Finally, we report in Figure 12 the daily amount of water pumped into the tank, namely inflow, for the safe-by-design policy and our approach. Clearly, there is not any difference because this quantity is strictly linked to the water to be supplied to match the water demand (this is even more obvious in the long run). Indeed, the few outliers observed for the proposed approach refer just to the first day of the control, according to a lower water level in the tank, than the safe-by-design policy. From this consideration stems the most relevant result for the case study: since the daily inflows are significantly similar, the unique reason behind the cost reduction is a clever strategy for pumping and storing water into the tank. More simply, the proposed approach is able to pump water into the tank when this operation is more economically convenient, and, at the same time, it keeps the water level in the tank within a safety range.

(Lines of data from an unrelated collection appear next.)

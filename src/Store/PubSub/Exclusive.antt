-- ===== src/Store/PubSub/Exclusive.antt =====
-- The promise of a pull: what it returns (`Pull`).
use mathlib.Core.List.Memᴰ
use noctaxris_gcp.Base.{
  ℕ, ◌≤◌, String, true, false, ◌≡◌, sym, ◌∙◌, inl, inr, List, [], Memᴰ, length, some, ok, arith,
  select_where_mem, order_by_mem, take_mem, Unique, Unique-select_where, Unique-order_by,
  Unique-take, leb, if◌then◌else◌,
}
use noctaxris_gcp.Store.Stamps.{Stamp, format}
use noctaxris_gcp.Store.PubSub.Types.{Db, PubSubSubscription, PubSubMessage, Uuids}
use noctaxris_gcp.Store.PubSub.Subscriptions.{get_subscription}
use noctaxris_gcp.Store.PubSub.Copies.{ack}
use noctaxris_gcp.Store.PubSub.Pull.{
  lease_end, fetch_limit, available, candidates, is_dead_letter, leased, lease_loop, pull,
}
use noctaxris_gcp.Store.PubSub.Leasing.{Standing, loop_length, loop_from, loop-Standing}

pub candidates_mem :
    (db : Db) (subscription : String) (now : Stamp) (limit : ℕ) {c : PubSubMessage}
    → Memᴰ c (candidates db subscription now limit)
    → Memᴰ c db.messages × (available subscription now c ≡ true)
unfolding candidates
candidates_mem db subscription now limit i =
    select_where_mem (available subscription now) db.messages
      (order_by_mem _ _ (take_mem limit _ i))

candidates-Unique :
    (db : Db) (subscription : String) (now : Stamp) (limit : ℕ)
    → Unique ack db.messages
    → Unique ack (candidates db subscription now limit)
unfolding candidates
candidates-Unique db subscription now limit u =
    Unique-take ack limit _ (Unique-order_by ack _ _ (Unique-select_where ack _ db.messages u))

-- `maxMessages`, where a count that is not positive stands for one.
abbrev pub at_most : ℕ → ℕ
at_most requested = if leb requested 0 then 1 else requested

-- The lease of a message: which row it was made from, and that it stands in the table.
pub record IsLease (now : ℕ) (db db' : Db) (sub : PubSubSubscription) (subscription : String)
    (a : PubSubMessage) : Type 0 where
  pub row : PubSubMessage
  pub was_there : Memᴰ row db.messages
  pub was_available : available subscription (format now) row ≡ true
  pub lease : a ≡ leased (format (lease_end now sub.ack_deadline_seconds)) row
  pub below_limit : is_dead_letter sub a.delivery_attempts ≡ false
  pub stands : Memᴰ a db'.messages

module _ (uuids : Uuids) where
  pub pull_loop :
      (now : ℕ) (db : Db) (subscription : String) (requested : ℕ) (sub : PubSubSubscription)
      → get_subscription db subscription ≡ some sub
      → pull uuids now db subscription requested
        ≡ lease_loop uuids now sub subscription
            (at_most requested)
            (format (lease_end now sub.ack_deadline_seconds))
            db
            []
            (candidates db subscription (format now) (fetch_limit (at_most requested)))
  unfolding pull
  pull_loop now db subscription requested sub p = rw (p, pull)

  start-Standing :
      (now : ℕ) (db : Db) (sub : PubSubSubscription) (subscription : String) (limit : ℕ)
      (deadline : Stamp) (max_messages : ℕ)
      → Unique ack db.messages
      → Standing uuids now sub subscription max_messages deadline db []
          (candidates db subscription (format now) limit)
  start-Standing now db sub subscription limit deadline max_messages u = record {
    keys = u;
    left = λ c i. (candidates_mem db subscription (format now) limit i).0;
    apart = candidates-Unique db subscription (format now) limit u;
    held = λ a i. absurd (Memᴰ.not-nil i);
    done = λ a c i j. absurd (Memᴰ.not-nil i);
  }

  pub pull_leases :
      (now : ℕ) (db : Db) (subscription : String) (requested : ℕ) (sub : PubSubSubscription)
      {db' : Db} {out : List PubSubMessage}
      → Unique ack db.messages
      → get_subscription db subscription ≡ some sub
      → pull uuids now db subscription requested ≡ (db', ok out)
      → (length out ≤ at_most requested)
        × Unique ack db'.messages
        × ((a : PubSubMessage) → Memᴰ a out → IsLease now db db' sub subscription a)
  pull_leases now db subscription requested sub {db'} {out} u p h =
      let limit = fetch_limit (at_most requested) in
      let deadline = format (lease_end now sub.ack_deadline_seconds) in
      let found = candidates db subscription (format now) limit in
      let loop : lease_loop uuids now sub subscription (at_most requested) deadline db [] found
          ≡ (db', ok out) =
        sym (pull_loop now db subscription requested sub p) ∙ h in
      let (u', stand) =
        loop-Standing uuids now sub subscription (at_most requested) deadline db [] found loop
          (start-Standing now db sub subscription limit deadline (at_most requested) u) in
      (
        loop_length uuids now sub subscription (at_most requested) deadline db [] found loop
            (omega arith),
        u',
        λ a i.
            elim (loop_from uuids now sub subscription (at_most requested) deadline db [] found loop
              i) [
                | inl j ↦ absurd (Memᴰ.not-nil j)
                | inr (c, j, e, d) ↦
                    let (m, v) = candidates_mem db subscription (format now) limit j in
                    record {
                      row = c;
                      was_there = m;
                      was_available = v;
                      lease = e;
                      below_limit = rw e (unfold leased in d);
                      stands = stand a i;
                    }
              ],
      )
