-- ===== src/Store/StampOrder.antt =====
-- How far the order of the time texts is the order of the times.
use noctaxris_gcp.Base.{ℕ, ◌+◌, ◌*◌, ◌/◌, ◌%◌, ◌≤◌, ◌<◌, true, false, ◌≡◌, ◌≢◌, arith}
use noctaxris_gcp.Store.Stamps.{second, fraction, format, bytes_ltb, stamp_ltb}

-- A time in an earlier second has the smaller text.
pub earlier_second : (t u : ℕ) → t / second < u / second → stamp_ltb (format t) (format u) ≡ true
unfolding format stamp_ltb
earlier_second t u h = ground arith

-- The text of a time is smaller than that of every time at least a second later, and a time whose
-- text is the smaller one comes less than a second after the other, if it comes after it at all.
pub stamp_order :
    (t u : ℕ)
    → (t + second ≤ u → stamp_ltb (format t) (format u) ≡ true)
      × (stamp_ltb (format t) (format u) ≡ true → t < u + second)
unfolding format stamp_ltb
stamp_order t u = (λ h. earlier_second t u (omega arith), λ h. ground arith)

whole_after :
    (n : ℕ)
    → n ≢ 0
    → bytes_ltb (fraction n) (fraction 0) ≡ true × (bytes_ltb (fraction 0) (fraction n) ≡ false)
unfolding fraction bytes_ltb
whole_after n h = ground arith

-- Within a second the text of the whole second is not smaller than that of any later time, and the
-- text of any later time is smaller than it.
pub whole_second_last :
    (s n : ℕ)
    → 0 < n
    → n < second
    → (stamp_ltb (format (s * second)) (format (s * second + n)) ≡ false)
      × (stamp_ltb (format (s * second + n)) (format (s * second)) ≡ true)
unfolding format stamp_ltb
whole_second_last s n p q =
    let a : s * second / second ≡ s = omega arith in
    let b : s * second % second ≡ 0 = omega arith in
    let c : (s * second + n) / second ≡ s = omega arith in
    let d : (s * second + n) % second ≡ n = omega arith in
    rw (a, b, c, d) (ground (arith, whole_after n (omega arith)))
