-- ===== src/Store/PubSub/LeaseLaws.antt =====
-- What acknowledging, changing deadlines and seeking do to the messages, and to later pulls.
use noctaxris_gcp.Base.{
  ℕ, ◌-◌, ◌≤◌, String, Bool, true, false, ◌&&◌, ◌==◌, ◌≡◌, subst, ◌≢◌, ◌↔◌, ◌⊎◌, inl, inr, List, [],
  ◌∷◌, Memᴰ, none, some, arith, eq_iff, one_of, delete_where, delete_where_mem, mem_delete_where,
  update_where, update_where_mem, mem_update_where, Bool-cases, if◌then◌else◌,
}
use noctaxris_gcp.Store.Stamps.{Stamp, second, format, stamp_ltb}
use noctaxris_gcp.Store.StampOrder.{earlier_second}
use noctaxris_gcp.Store.PubSub.Types.{Db, PubSubSubscription, PubSubMessage}
use noctaxris_gcp.Store.PubSub.Subscriptions.{get_subscription}
use noctaxris_gcp.Store.PubSub.Pull.{expired, available}
use noctaxris_gcp.Store.PubSub.Leases.{
  lease_of, acknowledge_rows, acknowledge, modified_deadline, modify_rows, modify_ack_deadline,
  published_before, published_since, seek_to_time,
}

-- Whether a request that names a subscription and acknowledgements is about the message.
abbrev pub concerns : String → List String → PubSubMessage → Bool
concerns subscription ids m = m.subscription == subscription && one_of m.ack_id ids

rows_left :
    (subscription : String) (ids : List String) (rows : List PubSubMessage) {m : PubSubMessage}
    → Memᴰ m (acknowledge_rows subscription ids rows)
    → Memᴰ m rows × (concerns subscription ids m ≡ false)
unfolding acknowledge_rows one_of
rows_left subscription [] rows i = (i, ground arith)
rows_left subscription (id ∷ ids) rows i =
    let (j, c) = rows_left subscription ids (delete_where (lease_of subscription id) rows) i in
    let (k, d) = delete_where_mem (lease_of subscription id) rows j in (k, ground arith)

pub rows_kept :
    (subscription : String) (ids : List String) (rows : List PubSubMessage) {m : PubSubMessage}
    → Memᴰ m rows
    → concerns subscription ids m ≡ false
    → Memᴰ m (acknowledge_rows subscription ids rows)
unfolding acknowledge_rows one_of
rows_kept subscription [] rows i c = i
rows_kept subscription (id ∷ ids) rows i c =
    rows_kept subscription ids (delete_where (lease_of subscription id) rows)
      (mem_delete_where (lease_of subscription id) rows i (ground arith)) (ground arith)

-- After an acknowledgement the table holds exactly the messages that it had and that the request is
-- not about: those of other subscriptions, and those with other acknowledgements.
pub acknowledge_iff :
    (db : Db) (subscription : String) (ids : List String) (m : PubSubMessage)
    → Memᴰ m (acknowledge db subscription ids).messages
      ↔ (Memᴰ m db.messages × (concerns subscription ids m ≡ false))
unfolding acknowledge
acknowledge_iff db subscription ids m =
    (rows_left subscription ids db.messages, λ x. rows_kept subscription ids db.messages x.0 x.1)

-- A message with a new lease deadline.
abbrev pub with_deadline : Stamp → PubSubMessage → PubSubMessage
with_deadline deadline m = record m { delivered = true; ack_deadline = some deadline }

pub rows_modified :
    (deadline : Stamp) (subscription : String) (ids : List String) (rows : List PubSubMessage)
    {m : PubSubMessage}
    → Memᴰ m rows
    → Memᴰ
        (if concerns subscription ids m then with_deadline deadline m else m)
        (modify_rows deadline subscription ids rows)
unfolding modify_rows one_of
rows_modified deadline subscription [] rows {m} i =
    subst (λ (z : PubSubMessage). Memᴰ z rows) (ground arith) i
rows_modified deadline subscription (id ∷ ids) rows {m} i =
    let step = mem_update_where (lease_of subscription id) (with_deadline deadline) rows i in
    subst (λ (z : PubSubMessage). Memᴰ z (modify_rows deadline subscription (id ∷ ids) rows))
      (ground arith)
      (rows_modified deadline subscription ids
        (update_where (lease_of subscription id) (with_deadline deadline) rows) step)

rows_unmodified :
    (deadline : Stamp) (subscription : String) (ids : List String) (rows : List PubSubMessage)
    {z : PubSubMessage}
    → Memᴰ z (modify_rows deadline subscription ids rows)
    → (m : PubSubMessage) × Memᴰ m rows
      × (z ≡ (if concerns subscription ids m then with_deadline deadline m else m))
unfolding modify_rows one_of
rows_unmodified deadline subscription [] rows {z} i = (z, i, ground arith)
rows_unmodified deadline subscription (id ∷ ids) rows {z} i =
    let (y, j, e) =
      rows_unmodified deadline subscription ids
        (update_where (lease_of subscription id) (with_deadline deadline) rows) i in
    let (x, k, d) = update_where_mem (lease_of subscription id) (with_deadline deadline) rows j in
    (x, k, ground arith)

-- After `ModifyAckDeadline` the table holds exactly the messages that it had, where those that the
-- request is about are delivered with the new deadline.
pub modify_ack_deadline_iff :
    (now : ℕ) (db : Db) (subscription : String) (ids : List String) (seconds : ℕ)
    (z : PubSubMessage)
    → Memᴰ z (modify_ack_deadline now db subscription ids seconds).messages ↔ (
        (m : PubSubMessage) × Memᴰ m db.messages
        × (z ≡ (
            if concerns subscription ids m
            then with_deadline (modified_deadline now seconds) m
            else m)))
unfolding modify_ack_deadline
modify_ack_deadline_iff now db subscription ids seconds z = (
  rows_unmodified (modified_deadline now seconds) subscription ids db.messages,
  λ (m, i, e). rw e (rows_modified (modified_deadline now seconds) subscription ids db.messages i),
)

-- A deadline of zero seconds gives a message of the subscription back: from then on it is
-- available, at every time that is not before the request, where the request is a second after the
-- start of the year 1 or later.
pub zero_deadline_available :
    (now later : ℕ) (subscription : String) (m : PubSubMessage)
    → second ≤ now
    → now ≤ later
    → m.subscription ≡ subscription
    → available subscription (format later) (with_deadline (modified_deadline now 0) m) ≡ true
unfolding modified_deadline available expired
zero_deadline_available now later subscription m p q e =
    ground
      (arith, earlier_second (now - second) later (omega arith), eq_iff m.subscription subscription)

-- The message as a seek leaves it, where it is of the subscription.
abbrev pub unleased : PubSubMessage → PubSubMessage
unleased m = record m { delivered = false; ack_deadline = none }

-- What a seek makes of a message.
abbrev pub SeekOf : String → Stamp → PubSubMessage → PubSubMessage → Type 0
SeekOf subscription ts m z =
    ((m.subscription ≢ subscription) × (z ≡ m))
    ⊎ ((m.subscription ≡ subscription) × (stamp_ltb m.publish_time ts ≡ false) × (z ≡ unleased m))

seek_left :
    (subscription : String) (ts : Stamp) (rows : List PubSubMessage) {z : PubSubMessage}
    → Memᴰ z (
        update_where
          (published_since subscription ts)
          unleased
          (delete_where (published_before subscription ts) rows))
    → (m : PubSubMessage) × Memᴰ m rows × SeekOf subscription ts m z
seek_left subscription ts rows {z} i =
    let (m, j, e) =
      update_where_mem (published_since subscription ts) unleased
        (delete_where (published_before subscription ts) rows) i in
    let (k, f) = delete_where_mem (published_before subscription ts) rows j in
    elim (Bool-cases (m.subscription == subscription)) [
      | inl t ↦ (
        m,
        k,
        inr (ground (arith, eq_iff m.subscription subscription), ground arith, ground arith),
      )
      | inr n ↦ (m, k, inl (ground (arith, eq_iff m.subscription subscription), ground arith))
    ]

pub seek_right :
    (subscription : String) (ts : Stamp) (rows : List PubSubMessage) (m : PubSubMessage)
    {z : PubSubMessage}
    → Memᴰ m rows
    → SeekOf subscription ts m z
    → Memᴰ z (
        update_where
          (published_since subscription ts)
          unleased
          (delete_where (published_before subscription ts) rows))
seek_right subscription ts rows m {z} i c =
    let after : m.subscription == subscription && stamp_ltb m.publish_time ts ≡ false =
      ground (arith, eq_iff m.subscription subscription) in
    let kept = mem_delete_where (published_before subscription ts) rows i after in
    subst
      (λ (y : PubSubMessage). Memᴰ y (
        update_where (published_since subscription ts) unleased
          (delete_where (published_before subscription ts) rows)))
      (ground (arith, eq_iff m.subscription subscription))
      (mem_update_where (published_since subscription ts) unleased _ kept)

-- After a seek on a subscription that is there the table holds exactly the messages of other
-- subscriptions, as they were, and those of the subscription whose text of the publish time is not
-- before that of the time, with their leases cleared.
pub seek_to_time_iff :
    (db : Db) (subscription : String) (t : ℕ) (sub : PubSubSubscription) (z : PubSubMessage)
    → get_subscription db subscription ≡ some sub
    → Memᴰ z (seek_to_time db subscription t).0.messages
      ↔ ((m : PubSubMessage) × Memᴰ m db.messages × SeekOf subscription (format t) m z)
unfolding seek_to_time
seek_to_time_iff db subscription t sub z p =
    rw (p, seek_to_time)
      (
        seek_left subscription (format t) db.messages,
        λ (m, i, c). seek_right subscription (format t) db.messages m i c,
      )
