-- ===== src/Queue/Drain.antt =====
-- The loop of drainWakeBytes in src/socket_compat.h.
use drogon_r.Prelude.{ℕ, zero, suc, ◌-◌, ◌*◌, ◌≤◌, ◌≡◌, true, some, arith}
use drogon_r.Queue.{read_until_empty, read_wake}

-- On a pipe that does not block, one read for each 64 bytes and one more end the loop, with the pipe
-- empty.
pub reads-suffice :
    (reads bytes : ℕ) → bytes ≤ 64 * reads → read_until_empty true (suc reads) bytes ≡ some 0
unfolding read_until_empty read_wake
reads-suffice zero bytes h = ground arith
reads-suffice (suc reads) bytes h = ground (arith, reads-suffice reads (bytes - 64) (omega arith))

5. Discussion and Conclusions

We presented a novel approach to explore more efficient and safe control policies starting from data collected by having operated a safe-by-design one. The proposed approach does not require the expensive design and implementation of any digital twin of the target system, and deeply exploits the knowledge coded into a set of historical safe data (also known as safe experience).

As demonstrated in the paper, a more efficient policy can only be obtained by incurring some risk in terms of safety. Thus, uncertainty quantification becomes crucial to estimate such a risk, and GP modelling resulted in being a well-suited methodology for this purpose.

The safe exploration of new policies is obtained by solving a constrained optimization problem in which both the objective function and the safety constraints are predicted along with the associated uncertainty. Empirical results on two case studies, inspired from real-life systems, proved the effectiveness of the proposed approach, providing a significant cost reduction—with respect to the initial safe-by-design policy—without any relevant safety violation.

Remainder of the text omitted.